Limbal:  It’s funny that you say that because we filmed with them during all sorts of hours of the day. Sometimes we were there for very long stretches of time, and I’m talking about early morning, nighttime, summertime, winter, holidays, Thanksgiving, Christmas, first day of school — all the seasons and different moments of their lives. And I’m a parent myself, I have two young children, and they were in loving daycare facilities. But, I have to say, I don’t think I’d ever seen an environment that functioned as seamlessly. There was this way where there was a rhythm and this sort of multi-directional caregiving. So we are talking about Nunu and Patrick as the caregivers, but the parents also look out for Nunu and Patrick, and they look out for each other’s children. The children look out for each other, and that’s not just the older ones taking care of the younger ones, sometimes the younger ones are taking care of the older ones. There is a real beauty in the way that care becomes this kind of communal project in that space — which I think is indicative of the ways in which low-income folks of color survive in this country. I was raised in a low-income — I grew up in the South Bronx with a working mother; my mother worked nights as well. And these are the networks of care that we have always had to create in order to survive really harsh conditions.

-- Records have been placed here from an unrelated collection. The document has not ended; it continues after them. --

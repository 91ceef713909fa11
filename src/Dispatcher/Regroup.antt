-- ===== src/Dispatcher/Regroup.antt =====
-- dispatcher.ts: groupVariants keeps every variant of the canonical payload once.
use mathlib.Core.List.{Permᴰ}
use mathlib.Core.List.Permᴰ
use framework_module_resizer.Prelude.{
  String, Bool, true, false, not, List, [], ◌∷◌, ◌++◌, filter, keep_if, str_eq, refl, subst,
  if◌then◌else◌, append_assoc, append-nil,
}
use framework_module_resizer.Types.{MissingPreview}
use framework_module_resizer.Catalog.Groups.{group, push}
use framework_module_resizer.Dispatcher.Variants.{group_variants, sort_out, values, flat}

module _ {A : Type 0} where
  swap_blocks : (xs ys zs : List A) → Permᴰ (xs ++ (ys ++ zs)) (ys ++ (xs ++ zs))
  swap_blocks [] ys zs = Permᴰ.refl _
  swap_blocks (x ∷ xs) ys zs =
      Permᴰ.trans (Permᴰ.cons refl (swap_blocks xs ys zs))
        (Permᴰ.symm (Permᴰ.middle x ys (xs ++ zs)))

  push-Permᴰ :
      (k : String) (x : A) (m : List (String × List A))
      → Permᴰ (flat (values (push k x m))) (x ∷ flat (values m))
  unfolding push
  push-Permᴰ k x [] = Permᴰ.refl _
  push-Permᴰ k x ((j, xs) ∷ m) = by_test (str_eq j k) (push-Permᴰ k x m)
    where
      by_test :
          (b : Bool)
          → Permᴰ (flat (values (push k x m))) (x ∷ flat (values m))
          → Permᴰ
              (flat (values (if b then (j, xs ++ x ∷ []) ∷ m else (j, xs) ∷ push k x m)))
              (x ∷ (xs ++ flat (values m)))
      by_test true ih =
          rw (append_assoc xs (x ∷ []) (flat (values m))) (Permᴰ.middle x xs (flat (values m)))
      by_test false ih = Permᴰ.trans (Permᴰ.append_left xs ih) (Permᴰ.middle x xs (flat (values m)))

  group-Permᴰ :
      (key : A → String) (xs : List A) (m : List (String × List A))
      → Permᴰ (flat (values (group (λ x. true) key xs m))) (xs ++ flat (values m))
  unfolding group
  group-Permᴰ key [] m = Permᴰ.refl _
  group-Permᴰ key (x ∷ xs) m = Permᴰ.trans (group-Permᴰ key xs (push (key x) x m)) (
      Permᴰ.trans (Permᴰ.append_left xs (push-Permᴰ (key x) x m))
        (Permᴰ.middle x xs (flat (values m))))

  pub filter-Permᴰ :
      (p : A → Bool) (xs : List A) → Permᴰ (filter (λ x. not (p x)) xs ++ filter p xs) xs
  filter-Permᴰ p [] = Permᴰ.nil
  filter-Permᴰ p (x ∷ xs) = by_test (p x) (filter-Permᴰ p xs)
    where
      by_test :
          (b : Bool)
          → Permᴰ (filter (λ x. not (p x)) xs ++ filter p xs) xs
          → Permᴰ
              (keep_if (not b) x (filter (λ x. not (p x)) xs) ++ keep_if b x (filter p xs))
              (x ∷ xs)
      by_test true ih = Permᴰ.trans (Permᴰ.middle x _ _) (Permᴰ.cons refl ih)
      by_test false ih = Permᴰ.cons refl ih

sort_out-Permᴰ :
    (m : List (String × List MissingPreview))
    → Permᴰ (values (sort_out m).unique ++ flat (values (sort_out m).conflicts)) (flat (values m))
unfolding sort_out
sort_out-Permᴰ [] = Permᴰ.nil
sort_out-Permᴰ ((k, []) ∷ m) = sort_out-Permᴰ m
sort_out-Permᴰ ((k, v ∷ []) ∷ m) = Permᴰ.cons refl (sort_out-Permᴰ m)
sort_out-Permᴰ ((k, v ∷ w ∷ vs) ∷ m) =
    Permᴰ.trans
      (swap_blocks (values (sort_out m).unique) (v ∷ w ∷ vs) (flat (values (sort_out m).conflicts)))
      (Permᴰ.append_left (v ∷ w ∷ vs) (sort_out-Permᴰ m))

module _ (canonical : List MissingPreview → List MissingPreview)
    (identity payload : MissingPreview → String) where
  pub group_variants-Permᴰ :
      (previews : List MissingPreview)
      → Permᴰ
          (values (group_variants canonical identity payload previews).unique
            ++ flat (values (group_variants canonical identity payload previews).conflicts))
          (canonical previews)
  unfolding group_variants
  group_variants-Permᴰ previews =
      Permᴰ.trans (sort_out-Permᴰ (group (λ v. true) identity (canonical previews) [])) (
        subst (λ l. Permᴰ (flat (values (group (λ v. true) identity (canonical previews) []))) l)
          (append-nil (canonical previews)) (group-Permᴰ identity (canonical previews) []))
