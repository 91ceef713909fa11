-- ===== src/Dispatcher/Kept.antt =====
-- dispatcher.ts: what the loop of confirmActive leaves unresolved is the request without some
-- identities.
use mathlib.Core.List.{Permᴰ}
use framework_module_resizer.Prelude.{
  String, Bool, true, false, not, ◌&&◌, Option, none, some, List, [], ◌∷◌, ◌++◌, map, filter,
  keep_if, All, All-map, str_eq, eq_iff, eq_refl, ◌≡◌, refl, sym, ap, ◌∙◌, if◌then◌else◌, is_some,
  arith,
}
use framework_module_resizer.Types.{MissingPreview, EnqueueReceipt}
use framework_module_resizer.Catalog.Groups.{lookup}
use framework_module_resizer.Dispatcher.Variants.{
  Confirming, group_variants, values, has, without, cover, cover_match, note_conflicts,
  conflict_match, with_receipt, take_receipt, take_receipts, is_named,
}
use framework_module_resizer.Dispatcher.Regroup.{filter-Permᴰ}

-- Looking an identity up in what is kept.
pub has-filter :
    {A : Type 0} (g : String → Bool) (k : String) (m : List (String × A))
    → has k (filter (λ e. g e.0) m) ≡ g k && has k m
has-filter g k [] = ground arith
has-filter {A} g k (e ∷ m) = by_test (str_eq e.0 k) refl (has-filter g k m)
  where
    by_pass :
        (c : Bool)
        → str_eq e.0 k ≡ false
        → has k (filter (λ e. g e.0) m) ≡ g k && has k m
        → has k (keep_if c e (filter (λ e. g e.0) m)) ≡ g k && has k m
    by_pass true n ih = rw n ih
    by_pass false n ih = ih

    here :
        (c : Bool)
        → str_eq e.0 k ≡ true
        → g e.0 ≡ c
        → has k (filter (λ e. g e.0) m) ≡ g k && has k m
        → has k (keep_if c e (filter (λ e. g e.0) m)) ≡ g k && true
    here true n p ih =
        let same : g k ≡ true = sym (ap g ((eq_iff e.0 k).0 n)) ∙ p in rw (n, same) refl
    here false n p ih =
        let same : g k ≡ false = sym (ap g ((eq_iff e.0 k).0 n)) ∙ p in ih ∙ ground (arith, same)

    by_test :
        (b : Bool)
        → str_eq e.0 k ≡ b
        → has k (filter (λ e. g e.0) m) ≡ g k && has k m
        → has k (filter (λ e. g e.0) (e ∷ m)) ≡ g k && is_some (if b then some e.1 else lookup k m)
    by_test false n ih = by_pass (g e.0) n ih
    by_test true n ih = here (g e.0) n refl ih

module _ (identity : MissingPreview → String) where
  abbrev pub entries : List MissingPreview → List (String × MissingPreview)
  entries vs = map (λ v. (identity v, v)) vs

  -- Every variant has its entry.
  pub all_have : (vs : List MissingPreview) → All (λ v. has (identity v) (entries vs) ≡ true) vs
  all_have [] = tt
  all_have (v ∷ vs) = (
    rw (eq_refl (identity v)) refl,
    All-map (λ w. has (identity w) (entries vs) ≡ true)
        (λ w. has (identity w) (entries (v ∷ vs)) ≡ true)
        (λ w h. more w (str_eq (identity v) (identity w)) h) vs (all_have vs),
  )
    where
      more :
          (w : MissingPreview) (b : Bool)
          → has (identity w) (entries vs) ≡ true
          → is_some (if b then some v else lookup (identity w) (entries vs)) ≡ true
      more w true h = refl
      more w false h = h

module _ (identity : MissingPreview → String) (g : String → Bool) where
  values-kept :
      (vs : List MissingPreview)
      → values (filter (λ e. g e.0) (map (λ v. (identity v, v)) vs))
        ≡ filter (λ v. g (identity v)) vs
  values-kept [] = refl
  values-kept (v ∷ vs) = by_test (g (identity v)) (values-kept vs)
    where
      by_test :
          (b : Bool)
          → values (filter (λ e. g e.0) (map (λ v. (identity v, v)) vs))
            ≡ filter (λ v. g (identity v)) vs
          → values (keep_if b (identity v, v) (filter (λ e. g e.0) (map (λ v. (identity v, v)) vs)))
            ≡ keep_if b v (filter (λ v. g (identity v)) vs)
      by_test true ih = ap (λ l. v ∷ l) ih
      by_test false ih = ih

  resolved_of :
      (m : List (String × MissingPreview)) (vs : List MissingPreview)
      → All (λ v. has (identity v) m ≡ true) vs
      → filter (λ v. not (has (identity v) (filter (λ e. g e.0) m))) vs
        ≡ filter (λ v. not (g (identity v))) vs
  resolved_of m [] h = refl
  resolved_of m (v ∷ vs) (h, hs) =
      let ih = resolved_of m vs hs in
      let same : has (identity v) (filter (λ e. g e.0) m) ≡ g (identity v) =
        has-filter g (identity v) m ∙ ground (arith, h) in
      rw (same, ih) refl

  -- Of a request, what is accepted and what is still unresolved make up the request.
  pub kept-Permᴰ :
      (vs : List MissingPreview) (m : List (String × MissingPreview))
      → m ≡ filter (λ e. g e.0) (entries identity vs)
      → Permᴰ (filter (λ v. not (has (identity v) m)) vs ++ values m) vs
  kept-Permᴰ vs m e =
      rw (e, resolved_of (entries identity vs) vs (all_have identity vs), values-kept vs)
        (filter-Permᴰ (λ v. g (identity v)) vs)

module _ (canonical : List MissingPreview → List MissingPreview)
    (identity payload : MissingPreview → String) where
  module _ (requested : List MissingPreview) where
    abbrev initial : List (String × MissingPreview)
    initial = map (λ v. (identity v, v)) requested

    -- What is unresolved is the request without some identities.
    unfoldable pub Kept : Confirming → Type 0
    Kept c = (g : String → Bool) × (c.unresolved ≡ filter (λ e. g e.0) initial)

    without-Kept :
        (id : String) (g : String → Bool) (m : List (String × MissingPreview))
        → without id (filter (λ e. g e.0) m) ≡ filter (λ e. g e.0 && not (str_eq e.0 id)) m
    without-Kept id g [] = refl
    without-Kept id g (e ∷ m) = by_tests (g e.0) (without-Kept id g m)
      where
        by_tests :
            (b : Bool)
            → without id (filter (λ e. g e.0) m) ≡ filter (λ e. g e.0 && not (str_eq e.0 id)) m
            → without id (keep_if b e (filter (λ e. g e.0) m))
              ≡ keep_if (b && not (str_eq e.0 id)) e (filter (λ e. g e.0 && not (str_eq e.0 id)) m)
        by_tests true ih = ap (λ l. keep_if (not (str_eq e.0 id)) e l) ih
        by_tests false ih = ih

    cover-Kept :
        (ws : List MissingPreview) (s : Confirming × List MissingPreview)
        → Kept s.0
        → Kept (cover canonical identity payload ws s).0
    unfolding cover Kept
    cover-Kept [] s h = h
    cover-Kept (w ∷ ws) (c, vs) (g, e) = cover-Kept ws _ (matched (lookup (payload w) c.by_payload))
      where
        matched :
            (o : Option (String × MissingPreview)) → Kept (cover_match (payload w) o (c, vs)).0
        matched none = (g, e)
        matched (some (id, v)) =
            ((λ k. g k && not (str_eq k id)), ap (without id) e ∙ without-Kept id g initial)

    pub note_conflicts-same :
        (m : List (String × List MissingPreview)) (c : Confirming)
        → ((note_conflicts m c).unresolved ≡ c.unresolved)
          × ((note_conflicts m c).by_payload ≡ c.by_payload)
    unfolding note_conflicts
    note_conflicts-same [] c = (refl, refl)
    note_conflicts-same ((id, vs) ∷ m) c =
        let (u, p) = note_conflicts-same m (conflict_match id (lookup id c.unresolved) c) in
        let (u', p') = matched (lookup id c.unresolved) in (u ∙ u', p ∙ p')
      where
        by_test :
            (b : Bool) (v : MissingPreview)
            → ((if b then c else record c {
              receipt_conflicts = c.receipt_conflicts ++ (id, v) ∷ [];
            }).unresolved
                ≡ c.unresolved)
              × ((if b then c else record c {
                receipt_conflicts = c.receipt_conflicts ++ (id, v) ∷ [];
              }).by_payload
                  ≡ c.by_payload)
        by_test true v = (refl, refl)
        by_test false v = (refl, refl)

        matched :
            (o : Option MissingPreview)
            → ((conflict_match id o c).unresolved ≡ c.unresolved)
              × ((conflict_match id o c).by_payload ≡ c.by_payload)
        matched none = (refl, refl)
        matched (some v) = by_test (has id c.receipt_conflicts) v

    pub with_receipt-same :
        (id : String) (s : Confirming × List MissingPreview)
        → ((with_receipt id s).unresolved ≡ s.0.unresolved)
          × ((with_receipt id s).by_payload ≡ s.0.by_payload)
    with_receipt-same id (c, []) = (refl, refl)
    with_receipt-same id (c, v ∷ vs) = (refl, refl)

    pub take_receipts-Kept :
        (trim : String → String) (rs : List EnqueueReceipt) (c : Confirming)
        → Kept c
        → Kept (take_receipts canonical identity payload trim rs c)
    unfolding take_receipts Kept
    take_receipts-Kept trim [] c h = h
    take_receipts-Kept trim (r ∷ rs) c h =
        take_receipts-Kept trim rs (take_receipt canonical identity payload trim r c)
          (by_name (is_named trim r))
      where
        by_name :
            (b : Bool)
            → Kept (
                if b
                then with_receipt r.task_id (
                    cover canonical identity payload
                      (values (group_variants canonical identity payload r.previews).unique)
                      (
                        note_conflicts
                            (group_variants canonical identity payload r.previews).conflicts
                            c,
                        [],
                      ))
                else c)
        by_name false = h
        by_name true =
            let (same, _) =
              note_conflicts-same (group_variants canonical identity payload r.previews).conflicts
                c in
            let (g, e) =
              cover-Kept (values (group_variants canonical identity payload r.previews).unique)
                (
                  note_conflicts (group_variants canonical identity payload r.previews).conflicts c,
                  [],
                )
                (h.0, same ∙ h.1) in
            (g, (with_receipt-same r.task_id _).0 ∙ e)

Brancaccio: Who watched you when she was working late?

Limbal: A hodgepodge, you know: neighbors, aunts, friends of friends. When my mother was raising me, she didn’t know of anything like Nunu’s service, you know, this is 30-plus years ago. But she also had to start leaving me alone at a really young age. Which was an impossible choice, which many parents, especially essential workers, have had to make in this pandemic. When schools were closed, when daycares were shut, and they had to absolutely show up for work — guess what? You have young kids staying home alone. You have a young kid taking care of an even younger kid. This is what we’re doing to working families and to working people in the United States. And we have been for a really long time, pre-pandemic.

Correction (Dec. 29, 2021): Dee’s Tots Childcare was incorrectly named in a previous version of this story. The text has been corrected.